--- Brief ---
Take the lines below beginning at the line that has "let rm : RefManager" and stopping after the line that has "claim_listed-Within job selector (panic", and print them exactly as they are, with no other lines.

----- Information given -----

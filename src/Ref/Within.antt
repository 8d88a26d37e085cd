-- ===== src/Ref/Within.antt =====
-- Claiming services for a job: every patch is one of a service in the job's namespace.
use kubeflow_controller.Common.{
  Bool, true, false, Option, none, some, List, [], ◌∷◌, ◌≡◌, Option-cases, inl, inr, ap, refl, ◌∙◌,
  All, not, ◌||◌, str_eq,
}
use kubeflow_controller.Common.Outcome.{Outcome, ok, fail, panic, Err}
use kubeflow_controller.Common.Go.{Go, lift, ◌>>=◌}
use kubeflow_controller.Common.Go.Keeps.{
  Preorder, Keeps, >>=-Keeps, and_then-Keeps, zoom-Keeps, lift-Keeps, if-Keeps,
}
use kubeflow_controller.Api.{ObjectMeta, OwnerReference, Service}
use kubeflow_controller.Platform.Machinery.{Machinery}
use kubeflow_controller.Platform.Cluster.{Cluster, Session}
use kubeflow_controller.Platform.Requests.{Sent, Sent-none, Sent-trans}
use kubeflow_controller.Platform.Patches.{adoption, release}
use kubeflow_controller.Control.Within.{ForJob, patch_the_service-Within}
use kubeflow_controller.Ref.Base.{
  RefManager, State, run_once, settle, can_adopt, is_deleting, claim_object, claim_owned,
  claim_orphan, unless_missing,
}
use kubeflow_controller.Ref.Service.{
  adopt_if, adopt_service, release_service, on_session, ignore_gone, claim_one, claim_loop,
  claim_services, matches, collect, add_controller_patch, delete_owner_ref_patch,
}

module _ (m : Machinery) (cluster : Cluster) (may : ObjectMeta → Bool) (meta : ObjectMeta) where
  -- A manager whose controller is the job.
  abbrev pub Claiming : Preorder (State m cluster)
  Claiming = record {
    Rel =
        λ s t. s.0.controller ≡ meta → (t.0.controller ≡ meta) × Sent may meta s.1.calls t.1.calls;
    same = λ s h. (h, Sent-none may meta s.1.calls);
    through = λ s t u f g h.
        let (e, sent) = f h in
        let (e', sent') = g e in (e', Sent-trans may meta s.1.calls t.1.calls u.1.calls sent sent');
  }

  settle-controller :
      (answer : Outcome (Unit {0})) (rm : RefManager cluster)
      → (settle m cluster answer rm).1.controller ≡ rm.controller
  settle-controller (ok a) rm = refl
  settle-controller (fail e) rm = refl
  settle-controller (panic f) rm = refl

  run_once-controller :
      (f : Option (cluster.World → Outcome (Unit {0}))) (rm : RefManager cluster)
      (s : Session cluster)
      → (run_once m cluster f rm s).1.controller ≡ rm.controller
  run_once-controller none rm s = refl
  run_once-controller (some f) rm s = settle-controller (f s.world) rm

  can_adopt-Within : Keeps Claiming (can_adopt m cluster)
  unfolding can_adopt
  can_adopt-Within = record {
    apply = λ s.
        if-Keeps Claiming s.0.can_adopt_once s _ _ (Claiming.same s)
          (λ e. (run_once-controller s.0.can_adopt_func s.0 s.1 ∙ e, Sent-none may meta s.1.calls));
  }

  on_session-Within :
      {f : Go (Session cluster) (Unit {0})}
      → Keeps (ForJob m cluster may meta) f
      → Keeps Claiming (on_session m cluster f)
  on_session-Within h =
      zoom-Keeps (ForJob m cluster may meta) Claiming (λ s. s.1) (λ t s. (s.0, t))
        (λ t s k e. (e, k.1)) h

  -- A service in the job's namespace.
  abbrev pub IsNear : ObjectMeta → Type 0
  IsNear obj = obj.namespace ≡ meta.namespace

  adopt_if-Within :
      (obj : ObjectMeta)
      → IsNear obj
      → (r : Outcome (Unit {0})) → Keeps Claiming (λ s. adopt_if m cluster obj (r, s))
  unfolding adopt_if add_controller_patch
  adopt_if-Within obj h (ok a) = record {
    apply = λ s e.
        (on_session-Within (
            patch_the_service-Within m cluster may meta obj.namespace obj.name
              (add_controller_patch m cluster s.0 obj)
              (
                h,
                (
                  obj.uid,
                  inl (
                    s.0.controller_group_version,
                    s.0.controller_kind,
                    ap
                        (λ owner.
                          adoption owner s.0.controller_group_version s.0.controller_kind obj.uid)
                        e,
                  ),
                ),
              ))).apply
          s e;
  }
  adopt_if-Within obj h (fail e) = record { apply = λ s. Claiming.same s }
  adopt_if-Within obj h (panic f) = record { apply = λ s. Claiming.same s }

  adopt_service-Within :
      (obj : ObjectMeta) → IsNear obj → Keeps Claiming (adopt_service m cluster obj)
  unfolding adopt_service
  adopt_service-Within obj h = record {
    apply =
        and_then-Keeps Claiming (λ r s. adopt_if m cluster obj (r, s)) can_adopt-Within
          (adopt_if-Within obj h);
  }

  ignore_gone-Within : (r : Outcome (Unit {0})) → Keeps Claiming (λ s. ignore_gone m cluster (r, s))
  ignore_gone-Within (ok a) = record { apply = λ s. Claiming.same s }
  ignore_gone-Within (fail e) = record { apply = λ s. Claiming.same s }
  ignore_gone-Within (panic f) = record { apply = λ s. Claiming.same s }

  release_service-Within :
      (obj : ObjectMeta) → IsNear obj → Keeps Claiming (release_service m cluster obj)
  unfolding release_service delete_owner_ref_patch
  release_service-Within obj h = record {
    apply = λ s e.
        and_then-Keeps Claiming (λ r t. ignore_gone m cluster (r, t))
          (on_session-Within (
            patch_the_service-Within m cluster may meta obj.namespace obj.name
              (delete_owner_ref_patch m cluster s.0 obj)
              (h, (obj.uid, inr (ap (λ owner. release owner obj.uid) e)))))
          ignore_gone-Within s e;
  }

  unless_missing-Within :
      (done : Bool) (r : Outcome (Unit {0}))
      → Keeps Claiming (λ s. unless_missing m cluster done (r, s))
  unless_missing-Within done (ok a) = record { apply = λ s. Claiming.same s }
  unless_missing-Within done (fail e) = record { apply = λ s. Claiming.same s }
  unless_missing-Within done (panic f) = record { apply = λ s. Claiming.same s }

  claim_owned-Within :
      (ref : OwnerReference) (selected : Bool) {release : Go (State m cluster) (Unit {0})}
      → Keeps Claiming release
      → Keeps Claiming (claim_owned m cluster ref selected release)
  unfolding claim_owned
  claim_owned-Within ref selected {release} h = record {
    apply = λ s.
        let end = unless_missing m cluster false (release s) in
        if-Keeps Claiming (not (str_eq ref.uid s.0.controller.uid)) s (ok false, s) _
          (Claiming.same s)
          (if-Keeps Claiming selected s (ok true, s) _ (Claiming.same s)
            (if-Keeps Claiming (is_deleting m cluster s.0.controller) s (ok false, s) end
              (Claiming.same s)
              (and_then-Keeps Claiming (λ r t. unless_missing m cluster false (r, t)) h
                (unless_missing-Within false) s)));
  }

  claim_orphan-Within :
      (obj : ObjectMeta) (selected : Bool) {adopt : Go (State m cluster) (Unit {0})}
      → Keeps Claiming adopt
      → Keeps Claiming (claim_orphan m cluster obj selected adopt)
  unfolding claim_orphan
  claim_orphan-Within obj selected {adopt} h = record {
    apply = λ s.
        let end = unless_missing m cluster true (adopt s) in
        if-Keeps Claiming (is_deleting m cluster s.0.controller || not selected) s (ok false, s) _
          (Claiming.same s)
          (if-Keeps Claiming (is_deleting m cluster obj) s (ok false, s) end (Claiming.same s)
            (and_then-Keeps Claiming (λ r t. unless_missing m cluster true (r, t)) h
              (unless_missing-Within true) s));
  }

  claim_object-Within :
      (obj : ObjectMeta) (match : ObjectMeta → Bool)
      {adopt release : Go (State m cluster) (Unit {0})}
      → Keeps Claiming adopt
      → Keeps Claiming release
      → Keeps Claiming (claim_object m cluster obj match adopt release)
  unfolding claim_object
  claim_object-Within obj match h k = elim (Option-cases (m.get_controller_of obj)) [
    | inl e ↦ rw (e, claim_object) (claim_orphan-Within obj (match obj) h)
    | inr (ref, e) ↦ rw (e, claim_object) (claim_owned-Within ref (match obj) k)
  ]

  claim_one-Within :
      (filters : List (Service → Bool)) (service : Service)
      → IsNear service.metadata
      → Keeps Claiming (claim_one m cluster filters service)
  unfolding claim_one
  claim_one-Within filters service h = record {
    apply = λ s.
        (claim_object-Within service.metadata (λ _. matches m cluster s.0 filters service)
            (adopt_service-Within service.metadata h)
            (release_service-Within service.metadata h)).apply
          s;
  }

  claim_loop-Within :
      (filters : List (Service → Bool)) (services : List Service) (acc : List Service × List Err)
      → All (λ (service : Service). IsNear service.metadata) services
      → Keeps Claiming (claim_loop m cluster filters services acc)
  unfolding claim_loop
  claim_loop-Within filters [] acc h = record { apply = λ s. Claiming.same s }
  claim_loop-Within filters (service ∷ services) acc h = record {
    apply =
        and_then-Keeps Claiming
          (λ r. lift (collect m cluster service acc r) >>= claim_loop m cluster filters services)
          (claim_one-Within filters service h.0)
          (λ r.
            >>=-Keeps Claiming (lift-Keeps Claiming (collect m cluster service acc r))
              (λ acc'. claim_loop-Within filters services acc' h.1));
  }

  pub claim_services-Within :
      (filters : List (Service → Bool)) (services : List Service)
      → All (λ (service : Service). IsNear service.metadata) services
      → Keeps Claiming (claim_services m cluster services filters)
  unfolding claim_services
  claim_services-Within filters services h = record {
    apply = λ s. (claim_loop-Within filters services ([], []) h).apply s;
  }
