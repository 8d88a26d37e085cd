-- ===== src/Controller/Sync/Scope.antt =====
-- The parts of a sync make requests for the job at hand only, and keep its metadata.
use kubeflow_controller.Common.{
  String, Bool, true, false, none, some, List, [], ◌≡◌, refl, ◌∙◌, All, All-map,
}
use mathlib.Core.Path.{subst}
use kubeflow_controller.Common.Int.{ℤ}
use kubeflow_controller.Common.Map.{Map}
use kubeflow_controller.Common.Outcome.{Outcome, ok, fail, panic}
use kubeflow_controller.Common.Go.{Go}
use kubeflow_controller.Common.Go.Keeps.{
  Preorder, Keeps, Yields, zoom-Keeps, pure-Keeps, gate-Keeps,
}
use kubeflow_controller.Api.{ObjectMeta, Pod, Service, TfJob}
use kubeflow_controller.Platform.{Platform}
use kubeflow_controller.Platform.Cluster.{
  Session, Call, update_job, create_pod, create_service, create_replica_set, patch_pod,
  patch_service, patch_replica_set, eventf, invoke,
}
use kubeflow_controller.Platform.Requests.{IsFor, Sent, Sent-none, Sent-trans}
use kubeflow_controller.Control.Within.{ForJob, invoke-Within}
use kubeflow_controller.Ref.Base.{RefManager}
use kubeflow_controller.Ref.Service.{new_service_controller_ref_manager}
use kubeflow_controller.Ref.Within.{claim_services-Within}
use kubeflow_controller.Controller.Util.{group_version, group_kind}
use kubeflow_controller.Controller.Helper.{claim_listed_services, can_adopt_func}
use kubeflow_controller.Controller.Manage.{manage_tf_job}
use kubeflow_controller.Controller.Manage.Scope.{Syncs_if, manage_tf_job-Within}
use kubeflow_controller.Controller.Sync.{
  Syncing, on_session, on_tf_job, manage_if, update_error, update_tf_job, update_if,
}
use kubeflow_controller.Controller.Manage.Within.{always}
use kubeflow_controller.Tensorflow.Metadata.{SameMeta}

-- A sync may make pods and services if the job's expectations are met and it is not being deleted.
abbrev pub may_create : Bool → ObjectMeta → Bool
may_create needs_sync meta = elim meta.deletion_timestamp [ none ↦ needs_sync | some _ ↦ false ]

module _ (p : Platform) (needs_sync : Bool) where
  open p use {machinery, cluster}

  abbrev pub may : ObjectMeta → Bool
  may = may_create needs_sync

  -- A sync, of whatever job it holds.
  abbrev pub Syncs : Preorder (Syncing p)
  Syncs = Syncs_if p may

  -- A sync of the job with this metadata, from where the job at hand has it.
  abbrev pub Syncing_for : ObjectMeta → Preorder (Syncing p)
  Syncing_for meta = record {
    Rel = λ s t.
        s.0.metadata ≡ meta
        → (t.0.metadata ≡ meta) × Sent may meta s.1.session.calls t.1.session.calls;
    same = λ s h. (h, Sent-none may meta s.1.session.calls);
    through = λ s t u f g h.
        let (e, sent) = f h in
        let (e', sent') = g e in
        (e', Sent-trans may meta s.1.session.calls t.1.session.calls u.1.session.calls sent sent');
  }

  pub any_job-Within :
      {A : Type 0} (meta : ObjectMeta) {m : Go (Syncing p) A}
      → Keeps Syncs m
      → Keeps (Syncing_for meta) m
  any_job-Within meta {m} k = record {
    apply = λ s h.
        let (e, sent) = k.apply s in
        (e ∙ h, subst (λ x. Sent may x s.1.session.calls (m s).1.1.session.calls) h sent);
  }

  pub listing-Within :
      {A : Type 0} (meta : ObjectMeta) {m : Go (Session cluster) A}
      → Keeps (ForJob machinery cluster may meta) m
      → Keeps (Syncing_for meta) (on_session p m)
  listing-Within meta k =
      zoom-Keeps (ForJob machinery cluster may meta) (Syncing_for meta) (λ s. s.1.session)
        (λ session s. (s.0, record s.1 { session = session })) (λ t s r h. (h, r.1)) k

  pub claim_listed-Within :
      (job : TfJob) (selector : Map String → Bool) (listed : Outcome (List Service))
      → Yields
          (λ services.
            All
              (λ (service : Service). service.metadata.namespace ≡ job.metadata.namespace)
              services)
          listed
      → Keeps
          (ForJob machinery cluster may job.metadata)
          (claim_listed_services p job selector listed)
  unfolding claim_listed_services new_service_controller_ref_manager
  claim_listed-Within job selector (ok services) near =
      let rm : RefManager cluster =
        new_service_controller_ref_manager job.metadata selector group_version group_kind
          (can_adopt_func p job) in
      record {
        apply = λ s. (
          refl,
          ((claim_services-Within machinery cluster may job.metadata [] services near).apply (rm, s)
              refl).1,
        );
      }
  claim_listed-Within job selector (fail e) near = record {
    apply = λ s. (ForJob machinery cluster may job.metadata).same s;
  }
  claim_listed-Within job selector (panic f) near = record {
    apply = λ s. (ForJob machinery cluster may job.metadata).same s;
  }

  -- The parts that do not depend on the cluster's lists.
  allowed-IsFor :
      (meta : ObjectMeta)
      → may meta ≡ true
      → (call : Call) → IsFor always meta call
      → IsFor may meta call
  allowed-IsFor meta h (create_pod namespace template ref) (_, a, b, c, d, e) = (h, a, b, c, d, e)
  allowed-IsFor meta h (create_service namespace service) (_, a, b) = (h, a, b)
  allowed-IsFor meta h (patch_service namespace name patch) k = k
  allowed-IsFor meta h (patch_pod namespace name patch) k = k
  allowed-IsFor meta h (update_job namespace job) k = k
  allowed-IsFor meta h (eventf typ reason) k = k
  allowed-IsFor meta h (create_replica_set namespace replica_set) k = k
  allowed-IsFor meta h (patch_replica_set namespace name patch) k = k

  allowed-Rel :
      (s t : Syncing p) → may s.0.metadata ≡ true → (Syncs_if p always).Rel s t → Syncs.Rel s t
  allowed-Rel s t h (e, (new, e', all)) = (
    e,
    (
      new,
      e',
      All-map (IsFor always s.0.metadata) (IsFor may s.0.metadata) (allowed-IsFor s.0.metadata h)
          new all,
    ),
  )

  pub manage_if-Within :
      (workers ps : List Pod) (worker_services ps_services : List Service) (succeeded : ℤ)
      → Keeps Syncs (manage_if p needs_sync workers ps worker_services ps_services succeeded)
  unfolding manage_if
  manage_if-Within workers ps worker_services ps_services succeeded = record {
    apply = λ s.
        let managed = manage_tf_job p workers ps worker_services ps_services succeeded s in
        gate-Keeps Syncs s.0.metadata.deletion_timestamp needs_sync s managed (ok tt, s)
          (λ h.
            allowed-Rel s managed.1 h
              ((manage_tf_job-Within p workers ps worker_services ps_services succeeded).apply s))
          (Syncs.same s);
  }

  pub on_tf_job-Within :
      {m : Go TfJob Bool}
      → Keeps (SameMeta (λ (job : TfJob). job.metadata)) m
      → Keeps Syncs (on_tf_job p m)
  on_tf_job-Within k =
      zoom-Keeps (SameMeta (λ (job : TfJob). job.metadata)) Syncs (λ s. s.0) (λ job s. (job, s.1))
        (λ t s h. (h, Sent-none may t.0.metadata t.1.session.calls)) k

  update_error-Within : (r : Outcome (Unit {0})) → Keeps Syncs (λ s. update_error p (r, s))
  update_error-Within (ok a) = record { apply = λ s. Syncs.same s }
  update_error-Within (fail e) = record { apply = λ s. Syncs.same s }
  update_error-Within (panic f) = record { apply = λ s. Syncs.same s }

  send_update-Within :
      (s : Syncing p)
      → Syncs.Rel s (on_session p (invoke cluster (update_job s.0.metadata.namespace s.0)) s).1
  send_update-Within s = (
    refl,
    ((invoke-Within machinery cluster may s.0.metadata (update_job s.0.metadata.namespace s.0)
          (refl, refl)).apply
        s.1.session).1,
  )

  update_tf_job-Within : Keeps Syncs (update_tf_job p)
  unfolding update_tf_job
  update_tf_job-Within = record {
    apply = λ s.
        let mid = on_session p (invoke cluster (update_job s.0.metadata.namespace s.0)) s in
        Syncs.through s mid.1 (update_error p mid).1 (send_update-Within s)
          ((update_error-Within mid.0).apply mid.1);
  }

  pub update_if-Within : (should_update : Bool) → Keeps Syncs (update_if p should_update)
  unfolding update_if
  update_if-Within true = update_tf_job-Within
  update_if-Within false = pure-Keeps Syncs tt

-----

--- Output ---
      let rm : RefManager cluster =
        new_service_controller_ref_manager job.metadata selector group_version group_kind
          (can_adopt_func p job) in
      record {
        apply = λ s. (
          refl,
          ((claim_services-Within machinery cluster may job.metadata [] services near).apply (rm, s)
              refl).1,
        );
      }
  claim_listed-Within job selector (fail e) near = record {
    apply = λ s. (ForJob machinery cluster may job.metadata).same s;
  }
  claim_listed-Within job selector (panic f) near = record {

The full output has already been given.